* RECORDS FOR THIS TASK

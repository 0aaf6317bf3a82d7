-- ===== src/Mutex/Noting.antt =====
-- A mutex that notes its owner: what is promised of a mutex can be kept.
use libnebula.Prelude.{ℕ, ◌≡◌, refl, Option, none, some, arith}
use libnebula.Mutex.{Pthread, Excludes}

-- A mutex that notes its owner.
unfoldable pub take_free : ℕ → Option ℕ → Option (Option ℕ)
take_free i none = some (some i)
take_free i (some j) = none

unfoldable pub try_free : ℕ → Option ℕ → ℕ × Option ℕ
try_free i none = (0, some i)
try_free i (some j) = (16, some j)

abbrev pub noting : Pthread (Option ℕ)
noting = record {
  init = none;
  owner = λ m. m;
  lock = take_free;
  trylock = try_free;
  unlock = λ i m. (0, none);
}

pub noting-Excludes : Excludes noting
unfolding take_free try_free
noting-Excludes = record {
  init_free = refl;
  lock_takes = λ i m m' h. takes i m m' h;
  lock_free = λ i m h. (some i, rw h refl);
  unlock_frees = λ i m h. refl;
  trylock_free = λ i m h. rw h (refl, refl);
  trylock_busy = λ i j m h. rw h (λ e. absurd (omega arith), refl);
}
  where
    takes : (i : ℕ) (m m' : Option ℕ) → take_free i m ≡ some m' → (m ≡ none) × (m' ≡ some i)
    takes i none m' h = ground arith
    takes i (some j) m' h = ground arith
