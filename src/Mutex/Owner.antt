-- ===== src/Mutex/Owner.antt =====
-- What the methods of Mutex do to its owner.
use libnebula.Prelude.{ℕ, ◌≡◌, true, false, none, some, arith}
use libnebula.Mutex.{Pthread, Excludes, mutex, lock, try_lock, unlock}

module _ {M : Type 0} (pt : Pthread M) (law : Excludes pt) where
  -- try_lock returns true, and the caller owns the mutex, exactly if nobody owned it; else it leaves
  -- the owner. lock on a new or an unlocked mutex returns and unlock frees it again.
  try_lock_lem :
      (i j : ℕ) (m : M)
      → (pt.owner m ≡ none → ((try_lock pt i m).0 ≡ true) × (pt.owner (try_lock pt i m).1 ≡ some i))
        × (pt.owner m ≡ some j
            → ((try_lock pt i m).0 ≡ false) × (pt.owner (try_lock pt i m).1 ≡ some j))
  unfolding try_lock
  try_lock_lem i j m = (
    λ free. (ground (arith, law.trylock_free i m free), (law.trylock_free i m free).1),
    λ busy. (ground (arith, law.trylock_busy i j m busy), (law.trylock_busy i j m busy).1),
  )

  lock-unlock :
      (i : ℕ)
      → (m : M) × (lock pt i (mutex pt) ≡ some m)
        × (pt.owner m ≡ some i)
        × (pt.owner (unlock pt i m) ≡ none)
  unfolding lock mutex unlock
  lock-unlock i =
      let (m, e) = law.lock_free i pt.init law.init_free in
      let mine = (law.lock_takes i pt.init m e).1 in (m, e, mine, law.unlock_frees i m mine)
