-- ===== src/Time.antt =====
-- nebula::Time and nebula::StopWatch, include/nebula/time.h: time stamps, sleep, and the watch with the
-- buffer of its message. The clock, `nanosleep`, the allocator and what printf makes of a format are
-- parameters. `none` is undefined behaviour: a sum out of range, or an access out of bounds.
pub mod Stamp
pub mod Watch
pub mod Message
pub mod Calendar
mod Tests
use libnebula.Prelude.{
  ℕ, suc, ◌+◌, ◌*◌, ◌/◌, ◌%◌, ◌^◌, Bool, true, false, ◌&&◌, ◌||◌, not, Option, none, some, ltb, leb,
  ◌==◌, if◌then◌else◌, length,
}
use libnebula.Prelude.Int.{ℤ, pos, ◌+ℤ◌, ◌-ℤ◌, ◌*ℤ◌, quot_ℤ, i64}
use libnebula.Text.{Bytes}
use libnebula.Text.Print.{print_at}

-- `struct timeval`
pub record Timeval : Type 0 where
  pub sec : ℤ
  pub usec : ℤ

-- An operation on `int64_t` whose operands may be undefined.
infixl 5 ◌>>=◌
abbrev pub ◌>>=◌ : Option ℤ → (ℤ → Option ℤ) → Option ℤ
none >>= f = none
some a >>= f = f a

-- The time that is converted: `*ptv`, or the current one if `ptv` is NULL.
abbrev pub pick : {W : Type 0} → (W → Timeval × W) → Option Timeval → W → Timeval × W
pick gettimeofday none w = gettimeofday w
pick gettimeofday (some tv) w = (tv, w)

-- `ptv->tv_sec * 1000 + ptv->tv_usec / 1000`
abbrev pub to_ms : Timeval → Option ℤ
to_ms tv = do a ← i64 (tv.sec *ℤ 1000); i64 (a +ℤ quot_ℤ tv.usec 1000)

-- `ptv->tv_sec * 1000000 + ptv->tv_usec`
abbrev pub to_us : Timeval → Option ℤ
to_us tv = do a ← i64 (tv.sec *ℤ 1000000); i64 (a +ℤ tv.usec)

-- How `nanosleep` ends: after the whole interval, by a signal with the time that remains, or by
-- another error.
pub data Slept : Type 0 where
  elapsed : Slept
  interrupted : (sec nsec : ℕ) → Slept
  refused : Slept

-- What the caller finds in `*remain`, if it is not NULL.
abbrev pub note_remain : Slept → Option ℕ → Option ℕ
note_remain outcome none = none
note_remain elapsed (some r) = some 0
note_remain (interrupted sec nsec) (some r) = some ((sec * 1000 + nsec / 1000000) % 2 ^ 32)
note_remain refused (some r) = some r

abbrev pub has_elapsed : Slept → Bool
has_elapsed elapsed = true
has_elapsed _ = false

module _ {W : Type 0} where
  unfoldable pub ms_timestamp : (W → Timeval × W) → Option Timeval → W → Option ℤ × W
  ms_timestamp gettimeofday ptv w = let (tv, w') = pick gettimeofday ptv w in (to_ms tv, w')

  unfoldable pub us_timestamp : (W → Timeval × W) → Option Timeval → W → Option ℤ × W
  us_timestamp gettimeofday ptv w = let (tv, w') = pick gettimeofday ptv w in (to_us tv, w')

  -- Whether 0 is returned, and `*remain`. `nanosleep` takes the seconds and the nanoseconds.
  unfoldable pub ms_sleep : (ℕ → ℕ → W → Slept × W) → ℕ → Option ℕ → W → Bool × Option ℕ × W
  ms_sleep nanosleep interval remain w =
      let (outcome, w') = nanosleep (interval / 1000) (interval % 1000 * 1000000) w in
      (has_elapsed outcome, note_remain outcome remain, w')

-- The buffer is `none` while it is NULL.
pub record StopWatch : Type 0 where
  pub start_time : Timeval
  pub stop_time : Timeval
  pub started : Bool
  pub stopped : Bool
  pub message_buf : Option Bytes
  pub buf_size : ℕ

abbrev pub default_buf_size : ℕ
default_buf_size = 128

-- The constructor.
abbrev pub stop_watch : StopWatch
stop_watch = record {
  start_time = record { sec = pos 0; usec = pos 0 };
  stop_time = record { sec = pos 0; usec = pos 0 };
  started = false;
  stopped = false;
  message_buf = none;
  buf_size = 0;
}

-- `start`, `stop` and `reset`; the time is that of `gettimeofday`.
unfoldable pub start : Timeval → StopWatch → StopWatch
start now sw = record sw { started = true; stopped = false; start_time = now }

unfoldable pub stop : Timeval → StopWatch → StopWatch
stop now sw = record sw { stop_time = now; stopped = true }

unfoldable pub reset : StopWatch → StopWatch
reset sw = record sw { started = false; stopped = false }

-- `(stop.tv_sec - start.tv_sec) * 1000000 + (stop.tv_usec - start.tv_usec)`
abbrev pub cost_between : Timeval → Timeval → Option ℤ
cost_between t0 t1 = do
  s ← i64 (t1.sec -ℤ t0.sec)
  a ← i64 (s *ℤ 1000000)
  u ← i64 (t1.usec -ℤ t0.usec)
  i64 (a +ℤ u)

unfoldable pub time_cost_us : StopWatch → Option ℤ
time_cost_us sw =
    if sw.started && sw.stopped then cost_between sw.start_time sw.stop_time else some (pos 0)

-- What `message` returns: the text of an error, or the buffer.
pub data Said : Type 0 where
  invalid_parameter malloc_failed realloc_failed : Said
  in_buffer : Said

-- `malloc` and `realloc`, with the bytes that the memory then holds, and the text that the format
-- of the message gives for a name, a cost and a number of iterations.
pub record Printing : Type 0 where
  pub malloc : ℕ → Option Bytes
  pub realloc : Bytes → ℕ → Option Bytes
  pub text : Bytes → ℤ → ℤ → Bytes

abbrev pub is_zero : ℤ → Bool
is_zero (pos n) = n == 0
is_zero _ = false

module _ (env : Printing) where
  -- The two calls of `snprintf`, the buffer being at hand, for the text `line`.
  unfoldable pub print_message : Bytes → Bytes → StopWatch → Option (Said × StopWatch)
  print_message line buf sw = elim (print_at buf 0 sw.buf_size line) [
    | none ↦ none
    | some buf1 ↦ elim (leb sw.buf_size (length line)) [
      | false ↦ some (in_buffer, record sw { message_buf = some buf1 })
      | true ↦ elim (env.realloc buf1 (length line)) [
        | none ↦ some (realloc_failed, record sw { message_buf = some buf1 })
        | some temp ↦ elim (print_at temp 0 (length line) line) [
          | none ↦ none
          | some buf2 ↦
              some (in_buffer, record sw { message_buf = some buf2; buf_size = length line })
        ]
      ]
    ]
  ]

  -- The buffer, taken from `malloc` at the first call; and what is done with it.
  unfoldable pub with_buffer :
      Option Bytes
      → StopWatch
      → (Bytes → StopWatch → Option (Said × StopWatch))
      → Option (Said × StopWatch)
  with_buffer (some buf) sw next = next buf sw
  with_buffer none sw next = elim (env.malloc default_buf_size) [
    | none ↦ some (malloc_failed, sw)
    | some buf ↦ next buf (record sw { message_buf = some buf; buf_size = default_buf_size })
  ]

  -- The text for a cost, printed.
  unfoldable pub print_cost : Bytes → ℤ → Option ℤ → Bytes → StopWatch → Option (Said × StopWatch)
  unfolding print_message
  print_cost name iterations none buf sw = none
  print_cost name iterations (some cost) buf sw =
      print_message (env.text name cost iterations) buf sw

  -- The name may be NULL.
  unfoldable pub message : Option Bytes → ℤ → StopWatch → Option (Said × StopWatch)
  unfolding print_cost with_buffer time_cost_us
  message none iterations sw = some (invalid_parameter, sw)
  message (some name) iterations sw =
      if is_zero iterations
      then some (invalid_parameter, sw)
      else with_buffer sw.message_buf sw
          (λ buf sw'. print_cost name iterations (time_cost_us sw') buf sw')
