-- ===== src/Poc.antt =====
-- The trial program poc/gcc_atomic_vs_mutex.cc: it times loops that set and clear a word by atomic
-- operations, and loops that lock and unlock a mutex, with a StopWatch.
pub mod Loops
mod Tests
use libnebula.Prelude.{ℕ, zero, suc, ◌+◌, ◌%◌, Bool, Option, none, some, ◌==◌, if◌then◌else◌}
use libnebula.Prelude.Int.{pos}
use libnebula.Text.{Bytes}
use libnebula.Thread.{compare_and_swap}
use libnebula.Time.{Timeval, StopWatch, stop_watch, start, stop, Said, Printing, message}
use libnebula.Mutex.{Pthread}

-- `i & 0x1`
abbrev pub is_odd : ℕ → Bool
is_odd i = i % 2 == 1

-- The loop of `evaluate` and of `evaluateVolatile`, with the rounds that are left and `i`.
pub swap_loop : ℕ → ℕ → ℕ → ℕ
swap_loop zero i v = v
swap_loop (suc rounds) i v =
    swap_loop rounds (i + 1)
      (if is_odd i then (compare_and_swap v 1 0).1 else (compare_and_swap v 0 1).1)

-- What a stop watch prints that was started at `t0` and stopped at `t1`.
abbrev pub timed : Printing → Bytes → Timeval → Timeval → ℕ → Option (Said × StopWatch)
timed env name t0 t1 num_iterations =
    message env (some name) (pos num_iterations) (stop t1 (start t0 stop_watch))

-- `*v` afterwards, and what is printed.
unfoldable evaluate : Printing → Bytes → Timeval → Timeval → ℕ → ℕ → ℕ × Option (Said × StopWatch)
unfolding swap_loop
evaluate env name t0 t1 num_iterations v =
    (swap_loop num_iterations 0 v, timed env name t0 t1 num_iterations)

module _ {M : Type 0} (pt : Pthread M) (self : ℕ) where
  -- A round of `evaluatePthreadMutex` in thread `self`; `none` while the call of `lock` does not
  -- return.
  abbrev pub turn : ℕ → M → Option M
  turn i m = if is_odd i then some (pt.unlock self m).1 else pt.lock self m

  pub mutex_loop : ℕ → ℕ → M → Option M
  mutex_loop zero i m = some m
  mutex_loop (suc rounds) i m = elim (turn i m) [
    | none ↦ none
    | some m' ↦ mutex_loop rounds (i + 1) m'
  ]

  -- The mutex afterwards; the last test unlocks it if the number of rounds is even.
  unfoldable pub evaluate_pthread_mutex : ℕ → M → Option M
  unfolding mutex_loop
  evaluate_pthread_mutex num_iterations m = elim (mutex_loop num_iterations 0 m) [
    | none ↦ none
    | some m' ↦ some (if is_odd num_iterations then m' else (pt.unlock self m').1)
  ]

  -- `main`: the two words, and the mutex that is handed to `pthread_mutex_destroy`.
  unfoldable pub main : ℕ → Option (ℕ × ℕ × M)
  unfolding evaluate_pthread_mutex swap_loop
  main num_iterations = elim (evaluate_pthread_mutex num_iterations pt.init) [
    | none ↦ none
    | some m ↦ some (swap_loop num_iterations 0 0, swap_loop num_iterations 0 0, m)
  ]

* TASK STATEMENT
Please give again the lines above between the line holding "unfoldable pub print_message" and the line holding "unfoldable pub message", inclusive, exactly as they are and with nothing added.

* EXPECTED OUTPUT
  unfoldable pub print_message : Bytes → Bytes → StopWatch → Option (Said × StopWatch)
  print_message line buf sw = elim (print_at buf 0 sw.buf_size line) [
    | none ↦ none
    | some buf1 ↦ elim (leb sw.buf_size (length line)) [
      | false ↦ some (in_buffer, record sw { message_buf = some buf1 })
      | true ↦ elim (env.realloc buf1 (length line)) [
        | none ↦ some (realloc_failed, record sw { message_buf = some buf1 })
        | some temp ↦ elim (print_at temp 0 (length line) line) [
          | none ↦ none
          | some buf2 ↦
              some (in_buffer, record sw { message_buf = some buf2; buf_size = length line })
        ]
      ]
    ]
  ]

  -- The buffer, taken from `malloc` at the first call; and what is done with it.
  unfoldable pub with_buffer :
      Option Bytes
      → StopWatch
      → (Bytes → StopWatch → Option (Said × StopWatch))
      → Option (Said × StopWatch)
  with_buffer (some buf) sw next = next buf sw
  with_buffer none sw next = elim (env.malloc default_buf_size) [
    | none ↦ some (malloc_failed, sw)
    | some buf ↦ next buf (record sw { message_buf = some buf; buf_size = default_buf_size })
  ]

  -- The text for a cost, printed.
  unfoldable pub print_cost : Bytes → ℤ → Option ℤ → Bytes → StopWatch → Option (Said × StopWatch)
  unfolding print_message
  print_cost name iterations none buf sw = none
  print_cost name iterations (some cost) buf sw =
      print_message (env.text name cost iterations) buf sw

  -- The name may be NULL.
  unfoldable pub message : Option Bytes → ℤ → StopWatch → Option (Said × StopWatch)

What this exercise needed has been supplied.